Copy out the entries below exactly as they stand, but only from the line containing "matches_in text_and_path pattern" through the line containing "unfolding matches_in".
···
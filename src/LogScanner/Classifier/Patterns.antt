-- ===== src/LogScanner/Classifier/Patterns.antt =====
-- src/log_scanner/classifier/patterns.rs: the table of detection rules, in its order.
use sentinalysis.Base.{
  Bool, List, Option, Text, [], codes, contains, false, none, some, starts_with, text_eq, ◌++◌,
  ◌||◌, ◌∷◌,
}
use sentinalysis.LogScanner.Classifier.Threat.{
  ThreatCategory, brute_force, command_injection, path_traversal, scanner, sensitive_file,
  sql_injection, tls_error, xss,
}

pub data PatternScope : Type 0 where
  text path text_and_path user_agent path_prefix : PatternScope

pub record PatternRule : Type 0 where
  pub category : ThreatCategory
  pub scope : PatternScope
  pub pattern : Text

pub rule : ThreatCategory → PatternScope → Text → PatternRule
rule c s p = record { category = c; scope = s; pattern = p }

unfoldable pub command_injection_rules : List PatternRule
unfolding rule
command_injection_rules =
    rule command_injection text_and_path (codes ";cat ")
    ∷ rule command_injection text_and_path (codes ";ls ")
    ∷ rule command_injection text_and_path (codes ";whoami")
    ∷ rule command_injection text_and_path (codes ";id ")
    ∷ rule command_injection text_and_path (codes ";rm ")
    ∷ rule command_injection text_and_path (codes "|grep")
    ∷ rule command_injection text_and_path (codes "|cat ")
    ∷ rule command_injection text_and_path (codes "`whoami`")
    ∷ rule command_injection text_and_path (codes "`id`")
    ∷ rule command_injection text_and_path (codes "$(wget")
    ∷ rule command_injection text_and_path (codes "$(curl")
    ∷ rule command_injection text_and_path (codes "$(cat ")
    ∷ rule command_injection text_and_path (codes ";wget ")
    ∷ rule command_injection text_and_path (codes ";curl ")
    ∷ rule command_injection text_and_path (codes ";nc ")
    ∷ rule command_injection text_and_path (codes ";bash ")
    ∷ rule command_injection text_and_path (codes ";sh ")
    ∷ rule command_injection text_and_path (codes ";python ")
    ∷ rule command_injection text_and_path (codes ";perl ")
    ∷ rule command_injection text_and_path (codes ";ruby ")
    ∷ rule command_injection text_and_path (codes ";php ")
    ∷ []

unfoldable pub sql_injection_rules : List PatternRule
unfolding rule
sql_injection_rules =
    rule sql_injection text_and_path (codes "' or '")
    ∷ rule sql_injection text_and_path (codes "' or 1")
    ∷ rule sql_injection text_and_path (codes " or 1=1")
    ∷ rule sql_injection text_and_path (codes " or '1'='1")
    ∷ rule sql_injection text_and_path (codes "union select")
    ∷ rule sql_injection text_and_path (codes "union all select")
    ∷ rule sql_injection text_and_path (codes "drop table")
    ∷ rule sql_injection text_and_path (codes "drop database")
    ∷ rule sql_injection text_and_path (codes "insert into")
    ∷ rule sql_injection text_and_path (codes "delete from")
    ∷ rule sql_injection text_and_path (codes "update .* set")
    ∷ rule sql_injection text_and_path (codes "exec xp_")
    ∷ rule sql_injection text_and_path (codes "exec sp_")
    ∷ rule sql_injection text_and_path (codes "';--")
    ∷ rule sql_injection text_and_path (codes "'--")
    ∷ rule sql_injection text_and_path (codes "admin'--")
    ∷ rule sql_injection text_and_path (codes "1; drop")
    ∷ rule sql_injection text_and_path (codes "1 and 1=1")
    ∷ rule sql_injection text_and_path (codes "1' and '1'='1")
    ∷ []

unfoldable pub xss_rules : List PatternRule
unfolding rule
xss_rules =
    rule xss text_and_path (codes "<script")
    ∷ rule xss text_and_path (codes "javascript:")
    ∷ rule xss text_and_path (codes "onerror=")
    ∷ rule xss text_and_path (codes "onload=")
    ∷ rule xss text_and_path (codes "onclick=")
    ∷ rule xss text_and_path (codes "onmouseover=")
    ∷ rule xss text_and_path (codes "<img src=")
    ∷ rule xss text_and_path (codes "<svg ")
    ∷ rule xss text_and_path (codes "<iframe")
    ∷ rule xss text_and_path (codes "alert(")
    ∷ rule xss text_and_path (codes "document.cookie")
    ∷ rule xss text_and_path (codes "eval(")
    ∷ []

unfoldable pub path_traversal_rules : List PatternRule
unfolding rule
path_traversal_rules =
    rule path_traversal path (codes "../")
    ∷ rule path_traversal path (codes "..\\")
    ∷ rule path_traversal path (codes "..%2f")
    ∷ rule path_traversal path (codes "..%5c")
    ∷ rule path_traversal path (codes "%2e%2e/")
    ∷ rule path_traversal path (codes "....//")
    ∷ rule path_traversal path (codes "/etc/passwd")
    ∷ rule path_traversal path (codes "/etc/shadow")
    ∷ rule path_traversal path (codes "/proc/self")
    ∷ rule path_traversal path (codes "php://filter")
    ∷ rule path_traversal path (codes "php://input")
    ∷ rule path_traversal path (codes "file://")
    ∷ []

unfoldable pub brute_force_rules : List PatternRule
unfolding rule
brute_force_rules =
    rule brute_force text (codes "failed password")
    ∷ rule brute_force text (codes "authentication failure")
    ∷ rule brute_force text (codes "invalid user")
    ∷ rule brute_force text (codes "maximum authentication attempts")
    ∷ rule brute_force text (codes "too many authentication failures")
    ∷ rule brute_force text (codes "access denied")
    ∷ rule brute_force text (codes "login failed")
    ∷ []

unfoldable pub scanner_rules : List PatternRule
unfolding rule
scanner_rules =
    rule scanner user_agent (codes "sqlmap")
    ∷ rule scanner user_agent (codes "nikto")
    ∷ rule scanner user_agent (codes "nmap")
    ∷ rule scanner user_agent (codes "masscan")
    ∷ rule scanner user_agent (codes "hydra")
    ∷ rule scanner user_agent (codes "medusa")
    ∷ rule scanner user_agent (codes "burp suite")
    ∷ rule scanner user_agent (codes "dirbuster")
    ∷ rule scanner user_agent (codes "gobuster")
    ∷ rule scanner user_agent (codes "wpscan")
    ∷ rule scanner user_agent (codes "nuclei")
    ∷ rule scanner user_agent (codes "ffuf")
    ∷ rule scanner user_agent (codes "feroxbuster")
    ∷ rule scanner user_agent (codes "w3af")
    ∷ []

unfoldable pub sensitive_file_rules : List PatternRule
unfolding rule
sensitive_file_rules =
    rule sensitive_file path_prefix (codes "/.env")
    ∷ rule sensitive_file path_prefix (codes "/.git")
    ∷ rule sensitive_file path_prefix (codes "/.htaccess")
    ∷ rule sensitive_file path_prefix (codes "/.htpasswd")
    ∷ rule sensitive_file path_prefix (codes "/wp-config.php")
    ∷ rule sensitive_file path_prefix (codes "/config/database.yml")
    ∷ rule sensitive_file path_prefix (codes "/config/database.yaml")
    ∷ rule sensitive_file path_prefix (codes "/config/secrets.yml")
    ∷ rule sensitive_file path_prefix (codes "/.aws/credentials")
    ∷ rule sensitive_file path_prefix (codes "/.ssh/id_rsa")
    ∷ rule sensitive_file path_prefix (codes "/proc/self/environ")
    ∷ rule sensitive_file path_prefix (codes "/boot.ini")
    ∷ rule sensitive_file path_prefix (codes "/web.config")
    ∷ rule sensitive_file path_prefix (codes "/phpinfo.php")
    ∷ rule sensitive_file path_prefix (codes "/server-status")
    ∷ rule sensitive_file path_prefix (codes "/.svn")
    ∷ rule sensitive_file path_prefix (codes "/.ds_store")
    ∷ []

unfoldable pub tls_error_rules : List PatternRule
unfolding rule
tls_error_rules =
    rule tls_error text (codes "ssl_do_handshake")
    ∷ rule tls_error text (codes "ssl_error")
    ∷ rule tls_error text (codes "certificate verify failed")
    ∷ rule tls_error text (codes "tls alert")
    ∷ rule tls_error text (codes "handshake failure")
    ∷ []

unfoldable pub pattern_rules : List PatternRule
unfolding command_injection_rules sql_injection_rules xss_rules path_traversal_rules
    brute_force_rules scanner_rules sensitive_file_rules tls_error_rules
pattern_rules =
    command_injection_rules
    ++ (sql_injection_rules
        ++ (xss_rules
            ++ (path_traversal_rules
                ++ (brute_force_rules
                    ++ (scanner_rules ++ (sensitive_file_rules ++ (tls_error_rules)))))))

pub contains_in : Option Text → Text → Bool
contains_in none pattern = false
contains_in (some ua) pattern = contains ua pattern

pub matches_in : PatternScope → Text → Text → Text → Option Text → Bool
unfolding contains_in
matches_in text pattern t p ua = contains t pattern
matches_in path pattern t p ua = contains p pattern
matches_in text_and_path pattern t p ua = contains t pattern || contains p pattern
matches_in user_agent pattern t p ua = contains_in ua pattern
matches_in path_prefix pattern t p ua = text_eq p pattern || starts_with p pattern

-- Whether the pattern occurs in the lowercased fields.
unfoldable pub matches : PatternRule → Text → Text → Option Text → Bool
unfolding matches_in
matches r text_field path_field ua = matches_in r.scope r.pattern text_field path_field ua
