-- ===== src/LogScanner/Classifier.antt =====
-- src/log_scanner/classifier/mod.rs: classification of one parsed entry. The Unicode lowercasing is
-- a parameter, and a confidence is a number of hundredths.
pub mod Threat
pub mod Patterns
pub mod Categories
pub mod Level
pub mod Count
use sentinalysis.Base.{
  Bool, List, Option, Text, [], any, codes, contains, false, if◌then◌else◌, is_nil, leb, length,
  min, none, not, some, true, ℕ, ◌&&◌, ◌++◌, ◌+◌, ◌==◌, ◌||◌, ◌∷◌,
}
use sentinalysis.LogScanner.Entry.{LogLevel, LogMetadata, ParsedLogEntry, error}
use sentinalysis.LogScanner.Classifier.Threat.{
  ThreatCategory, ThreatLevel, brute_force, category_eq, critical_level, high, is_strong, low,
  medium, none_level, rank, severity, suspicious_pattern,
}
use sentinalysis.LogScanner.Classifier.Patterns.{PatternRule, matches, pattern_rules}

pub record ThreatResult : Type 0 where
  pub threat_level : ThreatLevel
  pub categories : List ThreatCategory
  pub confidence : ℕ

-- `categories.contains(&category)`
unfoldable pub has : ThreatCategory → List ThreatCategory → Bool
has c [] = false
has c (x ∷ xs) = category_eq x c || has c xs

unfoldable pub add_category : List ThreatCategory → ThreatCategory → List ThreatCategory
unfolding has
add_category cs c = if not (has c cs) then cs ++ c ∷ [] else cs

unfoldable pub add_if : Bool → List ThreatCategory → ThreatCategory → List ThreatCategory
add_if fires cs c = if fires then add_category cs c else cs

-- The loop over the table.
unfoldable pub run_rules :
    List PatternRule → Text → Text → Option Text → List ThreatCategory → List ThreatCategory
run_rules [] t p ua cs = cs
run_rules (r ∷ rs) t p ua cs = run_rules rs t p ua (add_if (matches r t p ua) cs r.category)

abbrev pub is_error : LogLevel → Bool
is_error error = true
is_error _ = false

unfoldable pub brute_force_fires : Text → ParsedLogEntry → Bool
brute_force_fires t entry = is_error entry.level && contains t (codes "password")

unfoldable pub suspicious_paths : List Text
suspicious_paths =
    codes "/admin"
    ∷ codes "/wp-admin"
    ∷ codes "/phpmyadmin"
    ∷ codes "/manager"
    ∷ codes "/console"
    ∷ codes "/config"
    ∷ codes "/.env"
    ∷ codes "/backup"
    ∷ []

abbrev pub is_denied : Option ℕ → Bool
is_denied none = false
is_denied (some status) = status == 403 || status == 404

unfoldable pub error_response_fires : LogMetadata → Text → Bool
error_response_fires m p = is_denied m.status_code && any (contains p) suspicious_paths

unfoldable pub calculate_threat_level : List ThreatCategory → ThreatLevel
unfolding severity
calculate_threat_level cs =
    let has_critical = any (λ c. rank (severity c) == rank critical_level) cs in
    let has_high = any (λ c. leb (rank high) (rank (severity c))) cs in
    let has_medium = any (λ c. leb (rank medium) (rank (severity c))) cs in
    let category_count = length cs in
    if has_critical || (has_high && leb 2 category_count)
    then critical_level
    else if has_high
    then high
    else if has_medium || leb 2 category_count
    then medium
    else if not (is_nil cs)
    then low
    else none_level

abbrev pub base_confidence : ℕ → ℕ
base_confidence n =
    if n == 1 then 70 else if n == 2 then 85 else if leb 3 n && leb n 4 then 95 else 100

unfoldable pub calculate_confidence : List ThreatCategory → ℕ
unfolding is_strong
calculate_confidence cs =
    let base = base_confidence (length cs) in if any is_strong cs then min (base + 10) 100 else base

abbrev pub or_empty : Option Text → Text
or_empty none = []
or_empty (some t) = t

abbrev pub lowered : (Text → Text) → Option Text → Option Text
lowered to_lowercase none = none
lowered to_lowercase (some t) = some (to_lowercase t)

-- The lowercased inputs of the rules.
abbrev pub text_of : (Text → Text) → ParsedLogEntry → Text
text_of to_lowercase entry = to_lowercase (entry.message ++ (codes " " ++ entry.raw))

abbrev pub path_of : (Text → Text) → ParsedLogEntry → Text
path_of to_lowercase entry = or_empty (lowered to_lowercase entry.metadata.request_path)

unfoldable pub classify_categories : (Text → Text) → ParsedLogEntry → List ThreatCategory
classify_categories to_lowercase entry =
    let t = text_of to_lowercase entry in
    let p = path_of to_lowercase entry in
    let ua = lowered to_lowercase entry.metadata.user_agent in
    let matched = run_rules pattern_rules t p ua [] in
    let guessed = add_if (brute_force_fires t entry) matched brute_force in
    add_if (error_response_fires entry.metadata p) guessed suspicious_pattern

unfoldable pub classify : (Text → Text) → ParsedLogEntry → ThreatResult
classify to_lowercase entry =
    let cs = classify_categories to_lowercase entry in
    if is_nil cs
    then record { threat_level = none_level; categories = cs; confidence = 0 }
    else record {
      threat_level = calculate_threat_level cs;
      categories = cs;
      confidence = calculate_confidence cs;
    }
···
* YOUR SOLUTION
matches_in text_and_path pattern t p ua = contains t pattern || contains p pattern
matches_in user_agent pattern t p ua = contains_in ua pattern
matches_in path_prefix pattern t p ua = text_eq p pattern || starts_with p pattern

-- Whether the pattern occurs in the lowercased fields.
unfoldable pub matches : PatternRule → Text → Text → Option Text → Bool
unfolding matches_in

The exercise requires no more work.